# Your instructions
What is needed is every line of the data that includes the word "subst". Please copy each one.

Given records START

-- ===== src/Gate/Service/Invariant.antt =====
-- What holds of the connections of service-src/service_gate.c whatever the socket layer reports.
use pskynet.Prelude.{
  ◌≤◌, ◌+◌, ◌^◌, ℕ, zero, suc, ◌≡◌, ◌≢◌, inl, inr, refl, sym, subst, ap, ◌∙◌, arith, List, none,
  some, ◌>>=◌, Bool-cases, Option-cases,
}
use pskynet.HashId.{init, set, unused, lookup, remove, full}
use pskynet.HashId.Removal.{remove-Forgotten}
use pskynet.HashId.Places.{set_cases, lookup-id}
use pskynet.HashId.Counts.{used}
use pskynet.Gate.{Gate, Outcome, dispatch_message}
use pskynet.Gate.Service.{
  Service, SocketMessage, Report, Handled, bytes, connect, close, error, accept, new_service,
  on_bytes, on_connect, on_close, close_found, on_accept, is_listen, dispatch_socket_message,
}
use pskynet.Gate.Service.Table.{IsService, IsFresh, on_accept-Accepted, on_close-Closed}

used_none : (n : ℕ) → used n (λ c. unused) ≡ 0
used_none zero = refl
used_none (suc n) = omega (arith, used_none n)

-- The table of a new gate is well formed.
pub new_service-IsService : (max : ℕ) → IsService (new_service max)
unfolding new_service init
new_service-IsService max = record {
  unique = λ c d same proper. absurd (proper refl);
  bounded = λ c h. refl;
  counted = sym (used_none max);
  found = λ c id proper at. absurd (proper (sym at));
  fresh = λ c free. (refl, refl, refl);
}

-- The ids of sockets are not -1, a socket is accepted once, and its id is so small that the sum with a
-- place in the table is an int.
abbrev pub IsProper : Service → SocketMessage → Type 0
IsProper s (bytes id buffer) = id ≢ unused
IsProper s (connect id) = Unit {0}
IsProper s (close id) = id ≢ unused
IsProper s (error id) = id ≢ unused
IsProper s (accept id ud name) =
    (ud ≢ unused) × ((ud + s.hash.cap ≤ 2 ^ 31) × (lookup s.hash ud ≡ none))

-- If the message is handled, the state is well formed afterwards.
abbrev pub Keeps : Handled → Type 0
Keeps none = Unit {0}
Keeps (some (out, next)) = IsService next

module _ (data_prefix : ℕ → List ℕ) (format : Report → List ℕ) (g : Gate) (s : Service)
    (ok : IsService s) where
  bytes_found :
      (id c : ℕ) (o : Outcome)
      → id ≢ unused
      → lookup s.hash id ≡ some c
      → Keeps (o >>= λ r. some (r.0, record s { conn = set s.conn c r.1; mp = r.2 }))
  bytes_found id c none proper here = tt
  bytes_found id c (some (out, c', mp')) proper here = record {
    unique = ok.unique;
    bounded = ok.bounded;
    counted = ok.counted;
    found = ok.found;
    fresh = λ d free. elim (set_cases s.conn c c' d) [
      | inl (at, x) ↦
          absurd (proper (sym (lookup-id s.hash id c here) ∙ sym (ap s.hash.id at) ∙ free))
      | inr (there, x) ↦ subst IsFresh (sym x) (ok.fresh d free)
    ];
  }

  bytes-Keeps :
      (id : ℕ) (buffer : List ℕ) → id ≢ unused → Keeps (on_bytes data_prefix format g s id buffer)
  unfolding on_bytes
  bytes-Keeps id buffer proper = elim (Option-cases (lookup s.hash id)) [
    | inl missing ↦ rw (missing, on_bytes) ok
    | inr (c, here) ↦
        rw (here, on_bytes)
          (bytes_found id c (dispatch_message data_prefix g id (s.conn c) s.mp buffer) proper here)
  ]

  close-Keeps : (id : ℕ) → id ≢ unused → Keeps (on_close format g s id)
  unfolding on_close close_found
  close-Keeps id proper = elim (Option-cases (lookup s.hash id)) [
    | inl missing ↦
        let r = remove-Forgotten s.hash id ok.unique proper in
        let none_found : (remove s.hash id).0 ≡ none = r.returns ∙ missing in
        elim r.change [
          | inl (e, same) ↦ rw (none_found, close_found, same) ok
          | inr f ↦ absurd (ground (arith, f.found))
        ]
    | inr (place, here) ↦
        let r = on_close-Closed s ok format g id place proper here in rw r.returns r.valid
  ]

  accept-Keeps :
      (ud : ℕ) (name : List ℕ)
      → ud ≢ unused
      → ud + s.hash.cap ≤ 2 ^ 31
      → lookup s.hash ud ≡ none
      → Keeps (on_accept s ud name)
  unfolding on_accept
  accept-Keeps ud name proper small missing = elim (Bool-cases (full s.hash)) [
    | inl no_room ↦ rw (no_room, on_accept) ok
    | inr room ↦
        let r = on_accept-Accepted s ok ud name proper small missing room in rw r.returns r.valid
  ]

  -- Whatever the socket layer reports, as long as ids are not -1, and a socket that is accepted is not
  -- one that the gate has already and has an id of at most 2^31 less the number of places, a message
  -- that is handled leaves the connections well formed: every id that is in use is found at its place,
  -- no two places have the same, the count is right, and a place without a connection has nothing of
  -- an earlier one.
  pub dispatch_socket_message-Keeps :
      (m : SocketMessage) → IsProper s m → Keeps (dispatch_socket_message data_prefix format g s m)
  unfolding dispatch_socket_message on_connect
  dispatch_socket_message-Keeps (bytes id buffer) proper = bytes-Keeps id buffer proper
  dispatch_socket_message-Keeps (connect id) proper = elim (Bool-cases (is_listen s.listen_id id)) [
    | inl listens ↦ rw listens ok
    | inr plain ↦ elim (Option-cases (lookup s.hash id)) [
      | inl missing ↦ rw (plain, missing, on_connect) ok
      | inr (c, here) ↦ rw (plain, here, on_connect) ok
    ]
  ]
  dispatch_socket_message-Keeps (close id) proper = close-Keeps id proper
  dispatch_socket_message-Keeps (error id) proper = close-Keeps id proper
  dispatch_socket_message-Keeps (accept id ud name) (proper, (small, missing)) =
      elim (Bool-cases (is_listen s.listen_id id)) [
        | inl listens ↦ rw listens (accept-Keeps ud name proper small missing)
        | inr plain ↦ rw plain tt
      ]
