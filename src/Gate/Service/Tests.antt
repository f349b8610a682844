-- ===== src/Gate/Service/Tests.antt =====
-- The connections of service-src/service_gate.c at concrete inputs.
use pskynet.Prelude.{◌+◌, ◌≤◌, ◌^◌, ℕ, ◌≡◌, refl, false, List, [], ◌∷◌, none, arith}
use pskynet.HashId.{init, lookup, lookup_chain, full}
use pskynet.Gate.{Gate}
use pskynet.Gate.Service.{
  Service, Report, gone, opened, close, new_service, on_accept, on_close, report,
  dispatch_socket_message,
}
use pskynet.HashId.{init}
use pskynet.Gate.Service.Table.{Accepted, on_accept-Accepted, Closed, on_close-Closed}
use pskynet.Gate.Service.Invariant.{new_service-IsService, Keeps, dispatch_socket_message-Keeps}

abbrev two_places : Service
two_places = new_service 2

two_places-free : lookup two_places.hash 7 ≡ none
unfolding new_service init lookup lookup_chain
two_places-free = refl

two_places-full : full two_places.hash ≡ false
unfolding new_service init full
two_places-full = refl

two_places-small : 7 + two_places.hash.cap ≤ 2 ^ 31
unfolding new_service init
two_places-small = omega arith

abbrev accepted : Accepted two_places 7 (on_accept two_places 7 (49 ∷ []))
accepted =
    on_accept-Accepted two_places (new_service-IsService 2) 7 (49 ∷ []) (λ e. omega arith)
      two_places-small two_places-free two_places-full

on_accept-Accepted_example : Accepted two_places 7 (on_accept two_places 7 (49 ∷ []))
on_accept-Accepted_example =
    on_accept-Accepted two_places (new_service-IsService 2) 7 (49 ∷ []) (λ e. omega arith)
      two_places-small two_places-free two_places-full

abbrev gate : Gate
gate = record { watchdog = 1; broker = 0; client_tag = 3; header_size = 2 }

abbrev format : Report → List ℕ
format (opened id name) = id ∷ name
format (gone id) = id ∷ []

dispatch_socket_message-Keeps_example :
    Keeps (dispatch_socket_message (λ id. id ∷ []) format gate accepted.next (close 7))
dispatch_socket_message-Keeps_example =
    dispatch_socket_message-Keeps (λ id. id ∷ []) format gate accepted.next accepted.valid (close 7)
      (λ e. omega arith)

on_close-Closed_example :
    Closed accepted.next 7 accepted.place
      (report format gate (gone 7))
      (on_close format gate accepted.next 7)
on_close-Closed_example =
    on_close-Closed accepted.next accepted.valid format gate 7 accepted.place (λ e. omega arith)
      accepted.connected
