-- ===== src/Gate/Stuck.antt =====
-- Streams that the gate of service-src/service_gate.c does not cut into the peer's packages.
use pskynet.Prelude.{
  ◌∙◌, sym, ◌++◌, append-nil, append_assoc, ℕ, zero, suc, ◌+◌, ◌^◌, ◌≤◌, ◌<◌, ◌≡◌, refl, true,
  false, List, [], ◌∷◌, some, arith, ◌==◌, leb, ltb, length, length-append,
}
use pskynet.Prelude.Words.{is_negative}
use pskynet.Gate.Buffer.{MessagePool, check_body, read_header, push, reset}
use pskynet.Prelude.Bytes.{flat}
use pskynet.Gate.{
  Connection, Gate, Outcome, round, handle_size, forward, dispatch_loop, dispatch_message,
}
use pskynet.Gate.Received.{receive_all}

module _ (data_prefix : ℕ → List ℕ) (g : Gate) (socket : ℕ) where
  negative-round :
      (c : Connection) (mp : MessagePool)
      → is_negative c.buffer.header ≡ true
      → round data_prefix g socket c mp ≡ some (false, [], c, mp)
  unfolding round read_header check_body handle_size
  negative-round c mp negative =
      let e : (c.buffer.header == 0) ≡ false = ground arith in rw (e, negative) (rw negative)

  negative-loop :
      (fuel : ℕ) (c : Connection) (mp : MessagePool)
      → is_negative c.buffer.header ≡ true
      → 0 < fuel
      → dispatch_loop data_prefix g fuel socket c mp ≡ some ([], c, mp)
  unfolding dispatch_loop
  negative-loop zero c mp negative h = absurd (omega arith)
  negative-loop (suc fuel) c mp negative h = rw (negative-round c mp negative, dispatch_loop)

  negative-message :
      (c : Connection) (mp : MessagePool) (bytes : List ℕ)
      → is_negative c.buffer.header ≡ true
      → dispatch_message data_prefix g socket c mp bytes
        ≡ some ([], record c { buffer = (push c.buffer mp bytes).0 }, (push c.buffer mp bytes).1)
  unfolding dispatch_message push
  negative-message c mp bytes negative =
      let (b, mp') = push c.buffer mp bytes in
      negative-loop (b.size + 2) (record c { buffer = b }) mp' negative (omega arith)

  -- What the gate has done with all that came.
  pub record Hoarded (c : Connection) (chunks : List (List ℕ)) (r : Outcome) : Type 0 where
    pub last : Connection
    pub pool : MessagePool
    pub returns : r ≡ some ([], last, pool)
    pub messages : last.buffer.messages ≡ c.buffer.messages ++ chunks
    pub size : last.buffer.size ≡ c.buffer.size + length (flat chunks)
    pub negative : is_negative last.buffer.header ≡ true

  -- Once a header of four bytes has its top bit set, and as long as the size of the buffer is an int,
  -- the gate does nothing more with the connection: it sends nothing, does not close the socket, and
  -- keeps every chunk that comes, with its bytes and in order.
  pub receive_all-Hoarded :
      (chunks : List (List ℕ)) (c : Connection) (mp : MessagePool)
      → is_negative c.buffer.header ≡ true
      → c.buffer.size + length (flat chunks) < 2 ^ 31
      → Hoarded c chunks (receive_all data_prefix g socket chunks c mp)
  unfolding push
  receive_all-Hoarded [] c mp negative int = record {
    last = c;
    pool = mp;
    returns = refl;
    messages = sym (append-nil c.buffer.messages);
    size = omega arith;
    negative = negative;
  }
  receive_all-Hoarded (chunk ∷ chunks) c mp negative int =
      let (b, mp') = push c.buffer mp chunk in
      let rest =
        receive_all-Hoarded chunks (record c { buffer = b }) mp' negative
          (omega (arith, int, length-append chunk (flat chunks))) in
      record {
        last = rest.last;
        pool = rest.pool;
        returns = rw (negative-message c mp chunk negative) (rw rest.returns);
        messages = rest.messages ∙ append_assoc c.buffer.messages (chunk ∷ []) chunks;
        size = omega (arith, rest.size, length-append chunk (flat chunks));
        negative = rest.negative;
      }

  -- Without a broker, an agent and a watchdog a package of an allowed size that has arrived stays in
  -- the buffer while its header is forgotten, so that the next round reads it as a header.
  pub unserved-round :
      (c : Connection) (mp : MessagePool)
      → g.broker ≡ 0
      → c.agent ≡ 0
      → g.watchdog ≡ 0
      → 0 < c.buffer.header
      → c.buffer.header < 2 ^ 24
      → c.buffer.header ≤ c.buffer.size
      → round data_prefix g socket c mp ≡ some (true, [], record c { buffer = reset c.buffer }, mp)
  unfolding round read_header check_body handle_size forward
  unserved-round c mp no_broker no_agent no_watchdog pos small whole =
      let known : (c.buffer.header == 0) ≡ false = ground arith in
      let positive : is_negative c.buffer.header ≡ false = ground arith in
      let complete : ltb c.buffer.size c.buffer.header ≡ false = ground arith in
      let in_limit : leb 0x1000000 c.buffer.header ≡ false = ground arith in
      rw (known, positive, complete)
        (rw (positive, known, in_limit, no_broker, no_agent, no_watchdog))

Given records END

# Result of the exercise
  ◌≤◌, ◌+◌, ◌^◌, ℕ, zero, suc, ◌≡◌, ◌≢◌, inl, inr, refl, sym, subst, ap, ◌∙◌, arith, List, none,
      | inr (there, x) ↦ subst IsFresh (sym x) (ok.fresh d free)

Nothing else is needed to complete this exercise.